The problem:
After reading the records, print them all again exactly as they stand.

Study material:
-----

-- ===== src/Node/Sending.antt =====
-- Sending to many peers (node/message.go). The sends run at once; each is a success or an error.
pub mod Outcomes
use b7s.Common.{Bool, not, List, Option, none, some, length, select, nat_beq, if◌then◌else◌}
use b7s.Common.Text.{Text}
use b7s.Common.Outcome.{Outcome, ok, err}
use b7s.Models.{PeerId}

pub data SendError : Type 0 where
  encoding_failed all_sends_failed some_sends_failed : SendError

-- The peers that a payload did not reach.
abbrev pub unreached : (PeerId → Text → Bool) → Text → List PeerId → List PeerId
unreached delivers payload peers = select (λ p. not (delivers p payload)) peers

unfoldable pub send_to_many :
    (PeerId → Text → Bool) → List PeerId → Option Text → Bool → Outcome SendError Unit
send_to_many delivers peers none require_all = err encoding_failed
send_to_many delivers peers (some payload) require_all =
    let failures = length (unreached delivers payload peers) in
    if nat_beq failures 0
    then ok tt
    else if nat_beq failures (length peers)
    then err all_sends_failed
    else if require_all
    then err some_sends_failed
    else ok tt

-----

Reply:
-- ===== src/Node/Sending.antt =====
-- Sending to many peers (node/message.go). The sends run at once; each is a success or an error.
pub mod Outcomes
use b7s.Common.{Bool, not, List, Option, none, some, length, select, nat_beq, if◌then◌else◌}
use b7s.Common.Text.{Text}
use b7s.Common.Outcome.{Outcome, ok, err}
use b7s.Models.{PeerId}

pub data SendError : Type 0 where
  encoding_failed all_sends_failed some_sends_failed : SendError

-- The peers that a payload did not reach.
abbrev pub unreached : (PeerId → Text → Bool) → Text → List PeerId → List PeerId
unreached delivers payload peers = select (λ p. not (delivers p payload)) peers

unfoldable pub send_to_many :
    (PeerId → Text → Bool) → List PeerId → Option Text → Bool → Outcome SendError Unit
send_to_many delivers peers none require_all = err encoding_failed
send_to_many delivers peers (some payload) require_all =
    let failures = length (unreached delivers payload peers) in
    if nat_beq failures 0
    then ok tt
    else if nat_beq failures (length peers)
    then err all_sends_failed
    else if require_all
    then err some_sends_failed
    else ok tt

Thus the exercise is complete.